Aoc ist halt mit 80 "zu Ende"...traurig genug für ein MMORPG  


			Dieser Inhalt steht nur eingeloggten Mitgliedern zur Verfügung.


----------



## frängisch (17. Oktober 2008)

Hey Blubbah. Ich würds aufjedenfall mal antesten. Vor allem wenn du auf Brüste und Gewalt abfährst =) vor allem bei deinem Pc schaut beides gut aus =).  Ich zocks zwar selber nicht mehr  aber mir persönlich hats schon recht spaß gemacht. Pfeif drauf was hier alle schreiben . Test es einfach mal an und bild dir deine meinung. Wenns dir nicht gefällt kannst du ja wie die meisten hier mit um das verlorene Taschengeld weinen. Nein Spaß beiseite probier es aus  es macht aufjedenfall Spaß.


----------



## Asenerbe (18. Oktober 2008)

Werlord schrieb:


> 2.  Ja und es werden derzeit oft neue Dungeons reingepatcht und erfordern viel ,geschick´´
> 5. Gibt schon schön viele Raidinstanzen sind nichtmehr so verbuggt und die Bosse erfordern jetzt auch Taktik und sind schön in Szene gesetzt . Raids finden täglich statt und viele Spieler gehen nur Raiden von daher gute Gilde suchen und hast täglich 1-2 Raids ...




omg

Was du dir hier aus den Fingern saugst ist ja wirklich schon eine Frechheit!

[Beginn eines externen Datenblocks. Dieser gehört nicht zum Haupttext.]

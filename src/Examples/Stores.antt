-- ===== src/Examples/Stores.antt =====
-- The stores at concrete inputs.
use mpc_server.Common.{◌≡◌, refl, ok, [], ◌∷◌, Text, bytes, ◌++◌, lookup, insert}
use mpc_server.Externals.{the_sled, the_crypto, the_gg20, the_groups, the_shares}
use mpc_server.Storage.ShareStore.{StoredLocalShare, encrypt, save, retrieve}
use mpc_server.Storage.RoundTrip.{retrieve-save}
use mpc_server.Examples.Codec.{pack}
use mpc_server.Examples.Instances.{
  libraries, map_sled_laws, plain_crypto_laws, shares_laws, text_laws,
}
use mpc_server.Examples.Inputs.{alice, bob}

abbrev share : StoredLocalShare Text
share = record { public_keys = alice ∷ bob ∷ []; own_public_key = alice; share = bytes "key" }

abbrev share_text : Text
share_text = pack (alice ∷ (alice ++ bytes "key") ∷ alice ∷ bob ∷ [])

abbrev with_share : the_sled.Db
with_share = (bytes "key", share_text) ∷ []

saved_share : save [] share ≡ ok with_share
unfolding save encrypt lookup insert
saved_share = refl

retrieve-save_example : retrieve with_share alice (bytes "key") ≡ ok share
unfolding lookup
retrieve-save_example =
    retrieve-save map_sled_laws plain_crypto_laws text_laws shares_laws [] with_share alice share
      refl refl saved_share
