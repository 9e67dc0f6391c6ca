-- ===== src/System/Twice.antt =====
-- One key generation that is asked for twice.
use mpc_server.Common.{
  ℕ, suc, ◌≡◌, ◌≢◌, inl, inr, refl, sym, ap, ◌∙◌, true, false, some, ok, List, ◌++◌, Text, lookup,
  done, Bool-cases, text_eq, text_eq_iff, arith,
}
use mathlib.Core.List.{append_assoc}
use mpc_server.Common.Fallible.{some-injective}
use mpc_server.Externals.{Externals, the_sled, the_crypto, the_gg20}
use mpc_server.Group
use mpc_server.Group.{PublicKeyGroup, get_i, get_t, get_n, get_group_id, as_u16}
use mpc_server.Proto.{KeygenRequest}
use mpc_server.Room.{make_room_id}
use mpc_server.Server.{MpcImp, keygen}
use mpc_server.Server.Duplicates.{keygen_twice}
use mpc_server.Coordinator.State.{Coordinator, Effect, new}
use mpc_server.Coordinator.Requests.{handle_keygen_request}
use mpc_server.Coordinator.Actors.{IsSound}
use mpc_server.Coordinator.Reach.{Reach, Reach-IsSound}
use mpc_server.Coordinator.Registration.{IsStarted, keygen_effects, handle_keygen_request-IsStarted}

module _ ⦃x : Externals⦄ where
  -- The address that is given next is under no room.
  fresh :
      (s : Coordinator) (room : Text) → IsSound s → lookup room s.keygen_runners ≢ some s.started
  fresh s room sound found =
      let (i, e, at, starts) = sound.keygen room s.started found in
      absurd (omega (arith, sound.log.below i e _ at starts))

  -- The second of two players that are started for one room one after the other, out of a sound
  -- state: no room leads to the first.
  first_is_lost :
      (s t u : Coordinator) (room other : Text) (es fs : List Effect)
      → IsSound s
      → IsStarted s t room s.keygen_runners t.keygen_runners es
      → IsStarted t u room t.keygen_runners u.keygen_runners fs
      → lookup other u.keygen_runners ≢ some s.started
  first_is_lost s t u room other es fs sound first second found =
      elim (Bool-cases (text_eq room other)) [
        | inl e ↦
            let same : room ≡ other = (text_eq_iff room other).0 e in
            let now : some t.started ≡ some s.started =
              sym second.registered.0 ∙ ap (λ r. lookup r u.keygen_runners) same ∙ found in
            absurd (omega (arith, first.counted, some-injective now))
        | inr e ↦
            let differ : room ≢ other = λ same. absurd (cc (e, (text_eq_iff room other).1 same)) in
            fresh s other sound (
              sym (first.registered.1 other differ)
              ∙ sym (second.registered.1 other differ)
              ∙ found)
      ]

  -- A key generation is called twice before its first response is saved, and its id has no result
  -- yet: both calls are accepted. When a coordinator, anywhere after its creation, handles the two
  -- requests, of a group that can be made, with this server in it and parameters that the state
  -- machine takes, it starts two players in one room. The room leads to the first one until the
  -- second request, and then to the second one, and no room leads to the first one any more.
  pub first_player_lost :
      (sk : x.crypto.SecretKey) (stored : x.sled.Db) (now : ℕ) (s : Coordinator)
      (req : KeygenRequest) (api : MpcImp) (group : PublicKeyGroup) (i : ℕ) (state : x.gg20.Keygen)
      (other : Text)
      → api.tx.is_open ≡ true
      → x.sled.contains_key api.results_db req.request_id ≡ some false
      → Reach (new sk stored now) s
      → Group.new req.participant_public_keys (as_u16 req.threshold) s.pk_str ≡ some group
      → get_i group ≡ some i
      → x.gg20.new_keygen i (get_t group) (get_n group) ≡ some state
      → let room = make_room_id req.request_id (get_group_id group) in
        ((keygen req api).0 ≡ ok req.request_id)
        × ((keygen req (keygen req api).1).0 ≡ ok req.request_id)
        × (t : Coordinator) × (handle_keygen_request req s ≡ done tt t)
        × (u : Coordinator) × (handle_keygen_request req t ≡ done tt u)
        × (u.effects
            ≡ s.effects
              ++ (keygen_effects req s.started room i state
                  ++ keygen_effects req (suc s.started) room i state))
        × (lookup room t.keygen_runners ≡ some s.started)
        × (lookup room u.keygen_runners ≡ some (suc s.started))
        × (lookup other u.keygen_runners ≢ some s.started)
  first_player_lost sk stored now s req api group i state other opened free reach made own machine =
      let (accepted, again, _) = keygen_twice req req api refl opened free in
      let (t, handled, first) =
        handle_keygen_request-IsStarted req s group i state made own machine in
      let (u, handled', second) =
        handle_keygen_request-IsStarted req t group i state
          (ap (Group.new req.participant_public_keys (as_u16 req.threshold)) first.kept ∙ made) own
          machine in
      let room = make_room_id req.request_id (get_group_id group) in
      (
        accepted,
        again,
        t,
        handled,
        u,
        handled',
        second.effects
            ∙ ap (λ es. es ++ keygen_effects req t.started room i state) first.effects
            ∙ append_assoc s.effects (keygen_effects req s.started room i state)
                (keygen_effects req t.started room i state)
            ∙ ap
                (λ a.
                  s.effects
                  ++ (keygen_effects req s.started room i state
                      ++ keygen_effects req a room i state))
                first.counted,
        first.registered.0,
        second.registered.0 ∙ ap some first.counted,
        first_is_lost s t u room other _ _ (Reach-IsSound sk stored now s reach) first second,
      )
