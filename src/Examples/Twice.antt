-- ===== src/Examples/Twice.antt =====
-- One key generation that alice's server is asked for twice.
use mpc_server.Common.{
  ◌≡◌, ◌≢◌, refl, [], ◌++◌, ok, some, true, bytes, slice, lookup, text_eq, done,
}
use mpc_server.Externals.{the_sled, the_crypto, the_gg20}
use mpc_server.Group
use mpc_server.Group.{get_i, get_index, get_group_id}
use mpc_server.Room.{make_room_id}
use mpc_server.Server.{MpcImp, keygen}
use mpc_server.Coordinator.State.{Coordinator, new}
use mpc_server.Coordinator.Requests.{handle_keygen_request}
use mpc_server.Coordinator.Reach.{here}
use mpc_server.Coordinator.Registration.{keygen_effects}
use mpc_server.System.Twice.{first_player_lost}
use mpc_server.Examples.Instances.{libraries}
use mpc_server.Examples.Inputs.{alice, group, group_id}
use mpc_server.Examples.Reach.{request}

abbrev api : MpcImp
api = record {
  tx = record { is_open = true; queue = [] };
  tx_res = record { is_open = true; queue = [] };
  results_db = [];
}

abbrev of_alice : Coordinator
of_alice = new alice [] 0

first_player_lost_example :
    let room = make_room_id (bytes "r") group_id in
    ((keygen request api).0 ≡ ok (bytes "r"))
    × ((keygen request (keygen request api).1).0 ≡ ok (bytes "r"))
    × (t : Coordinator) × (handle_keygen_request request of_alice ≡ done tt t)
    × (u : Coordinator) × (handle_keygen_request request t ≡ done tt u)
    × (u.effects ≡ keygen_effects request 0 room 1 1 ++ keygen_effects request 1 room 1 1)
    × (lookup room t.keygen_runners ≡ some 0)
    × (lookup room u.keygen_runners ≡ some 1)
    × (lookup (bytes "other") u.keygen_runners ≢ some 0)
unfolding Group.new slice get_i get_index text_eq lookup new
first_player_lost_example =
    first_player_lost alice [] 0 of_alice request api group 1 1 (bytes "other") refl refl here refl
      refl refl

Zähl doch mal auf *wieviel Dungeons derzeit oft reingepatcht* werden?!

Und die Raidinstanzen sind nicht mehr verbugt? Ich bitte dich!
Das sieht der Großteil der AOC Spieler dann wohl anders als du.
Hier einige Beiträge aus dem offi Forum wie "toll" die Raids wirklich sind, und die Unfähigkeit von FC ein vernünftiges Balancing / Bugfreiheit in Raids herzustellen!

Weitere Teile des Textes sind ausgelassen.